# Strobe Defeat



## Chris07 (Dec 16, 2014)

As I sit here at post bored out of my mind, I wonder:

What does the "strobe defeat" button do?

I've played with it before, but it does nothing so I assume it's been disabled on our rig.

Any insight?


----------



## luke_31 (Dec 17, 2014)

Typically will turn off the strobe lights it's used at night to reduce distraction and not cause certain groups of people to steer into the ambulance.


----------



## DesertMedic66 (Dec 17, 2014)

I believe it turns off our front facing white strobe lights. 

If you're slow then test it out?


----------



## Chris07 (Dec 17, 2014)

Well whatta you know, thanks.

So I might as well ask....what does "low intensity" do? I've played with it before and didn't notice any changes in the lights. Is it supposed to cut some of the lights?


----------



## JPINFV (Dec 17, 2014)

What's the brand of the ambulance and what's the brand of the light control board?


----------



## DesertMedic66 (Dec 17, 2014)

JPINFV said:


> What's the brand of the ambulance and what's the brand of the light control board?

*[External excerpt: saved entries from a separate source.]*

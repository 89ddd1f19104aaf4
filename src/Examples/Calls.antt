-- ===== src/Examples/Calls.antt =====
-- Calls of the firmware, and a trap of the guest.
use mini_visor_real_device.Base.{
  ℕ, ◌+◌, ◌^◌, ◌%◌, ◌≡◌, ◌↔◌, refl, arith, ◌==◌, if◌then◌else◌, [], none, replicate,
}
use mini_visor_real_device.Psci.{denied, from_u64, psci_version}
use mini_visor_real_device.Psci.Codes.{from_u64_iff}
use mini_visor_real_device.Vm.{Hypervisor}
use mini_visor_real_device.Exception.{Trap, synchronous_handler}
use mini_visor_real_device.Exception.Decode.{
  Syndrome, IsSyndrome, encode, access, synchronous_handler-access,
}

from_u64_iff_example : (from_u64 0xFFFFFFFD ≡ denied) ↔ ((0xFFFFFFFD + 3) % 2 ^ 32 ≡ 0)
from_u64_iff_example = from_u64_iff 0xFFFFFFFD denied (λ e. ground arith)

-- A firmware of version 1.1 that starts every CPU.
abbrev firmware : ℕ → ℕ → ℕ → ℕ → ℕ
firmware function a b c = if function == psci_version then 0x10001 else 0

-- A 32-bit store of register 3.
abbrev store : Syndrome
store = record {
  il = 1;
  isv = 1;
  sas = 2;
  sse = 0;
  srt = 3;
  sf = 0;
  ar_to_s1ptw = 0;
  wnr = 1;
  dfsc = 7;
}

store-IsSyndrome : IsSyndrome store
store-IsSyndrome = record {
  il_lt = omega arith;
  isv_lt = omega arith;
  sas_lt = omega arith;
  sse_lt = omega arith;
  srt_lt = omega arith;
  sf_lt = omega arith;
  ar_to_s1ptw_lt = omega arith;
  wnr_lt = omega arith;
  dfsc_lt = omega arith;
}

abbrev trap : Trap
trap = record {
  registers = replicate 32 7;
  esr_el2 = encode store;
  hpfar_el2 = 0x90000;
  far_el2 = 0x18;
  elr_el2 = 0x40080000;
}

abbrev alone : Hypervisor Unit
alone = record { vm_list = []; active_vm = none; tpidr_el2 = 0 }

synchronous_handler-access_example : synchronous_handler alone tt trap ≡ access alone tt trap store
synchronous_handler-access_example =
    synchronous_handler-access alone tt trap store store-IsSyndrome refl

Looks like a standard leader control panel/ambulance.


----------



## Chris07 (Dec 17, 2014)

Leader type II ambulance. Whelen lightbar.


----------



## jcroteau (Mar 6, 2015)

Low intensity will just make the strobes less bright for night time use


----------



## NomadicMedic (Mar 6, 2015)

The "low intensity" is for use during fog.


----------



## DrParasite (Mar 7, 2015)

and during snow storms


----------



## exodus (Mar 11, 2015)

Doesn't do anything for us at all.


----------



## DesertMedic66 (Mar 11, 2015)

exodus said:


> Doesn't do anything for us at all.


I heard during FTO time that it turned off our opticom but I have never tried it.


----------



## exodus (Mar 11, 2015)

DesertEMT66 said:


> I heard during FTO time that it turned off our opticom but I have never tried it.

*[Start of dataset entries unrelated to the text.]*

-- ===== src/Gic/Common.antt =====
-- src/mmio/gicv3.rs: what the two halves of the virtual GICv3 share.

use mini_visor_real_device.Base.{
  ℕ, ◌-◌, ◌^◌, ◌%◌, bit_and, bit_or, Bool, true, false, ◌&&◌, List, ltb, leb, Exec, done, ◌>>=◌,
  ◌>>◌, index, set, bit_not, ◌<<<◌, ◌>>>◌, assert,
}
use mini_visor_real_device.Cpu.{Cpu, set_icc_sgi1r_el1}

abbrev pub inject_interrupt_int_id : ℕ
inject_interrupt_int_id = 11

abbrev pub gic_revision : ℕ
gic_revision = 3

-- `x |= 1 << k` and `x &= !(1 << k)` on a u32
abbrev pub set_bit : Bool → ℕ → ℕ → ℕ
set_bit true k x = bit_or x (1 <<< k)
set_bit false k x = bit_and x (bit_not 32 (1 <<< k))

-- `xs[i] = f(xs[i])`
abbrev pub modify : List ℕ → ℕ → (ℕ → ℕ) → Exec (List ℕ)
modify xs i f = do v ← index xs i; done (set xs i (f v))

-- `(lo..=hi).contains(&x)`
abbrev pub within : ℕ → ℕ → ℕ → Bool
within lo hi x = leb lo x && leb x hi

-- The byte at bit `k` of `x` replaced: `(x & !(0xFF << k)) | (value << k) as u32`.
abbrev pub set_byte : ℕ → ℕ → ℕ → ℕ
set_byte k value x = bit_or (bit_and x (bit_not 32 (0xff <<< k))) ((value <<< k) % 2 ^ 32)

-- The four affinity fields of an MPIDR or of a router register.
pub record Affinity : Type 0 where
  pub aff3 : ℕ
  pub aff2 : ℕ
  pub aff1 : ℕ
  pub aff0 : ℕ

unfoldable pub affinity : ℕ → Affinity
affinity r = record {
  aff3 = bit_and r (1 <<< 40 - 1) >>> 32;
  aff2 = bit_and r (1 <<< 24 - 1) >>> 16;
  aff1 = bit_and r (1 <<< 16 - 1) >>> 8;
  aff0 = bit_and r (1 <<< 8 - 1);
}

-- The value for ICC_SGI1R_EL1 that asks another CPU to inject.
unfoldable pub sgi1r : Affinity → ℕ
sgi1r a =
    bit_or
      (bit_or (bit_or (bit_or (a.aff3 <<< 48) (a.aff2 <<< 32)) (inject_interrupt_int_id <<< 24))
        (a.aff1 <<< 48))
      (1 <<< a.aff0)

unfoldable pub send_sgi : Affinity → Cpu → Exec Cpu
unfolding sgi1r
send_sgi a cpu = do assert (ltb a.aff0 16); done (set_icc_sgi1r_el1 (sgi1r a) cpu)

I'll try it tomorrow night while I'm on. I've never noticed a different int he strobes. I know the strobes stay on though.


----------



## DesertMedic66 (Mar 11, 2015)

exodus said:


> I'll try it tomorrow night while I'm on. I've never noticed a different int he strobes. I know the strobes stay on though.


Your unit is still one with the strobe defeat button? Must be at what 273,000 miles by now.


----------



## exodus (Mar 11, 2015)

DesertEMT66 said:


> Your unit is still one with the strobe defeat button? Must be at what 273,000 miles by now.




Hmm, now that I think about it, I'm not sure if it still has it. My 104 (42952) had it, but I'm 109 (29079) now though. It's gas but still has the old style light bar... Sot it might.  I'll see when I go in tonight.


----------



## socalmedic (Mar 13, 2015)

when the primary lights are on (red button pushed up) low intensity will dim the white halogen strobes, I usually use this at night because our street names are reflective and i cant read them at full power, the strobe defeat will kill the front white and red halogen strobes.


----------



## chrisemtmags (Apr 12, 2015)

DesertEMT66 said:


> Your unit is still one with the strobe defeat button? Must be at what 273,000 miles by now.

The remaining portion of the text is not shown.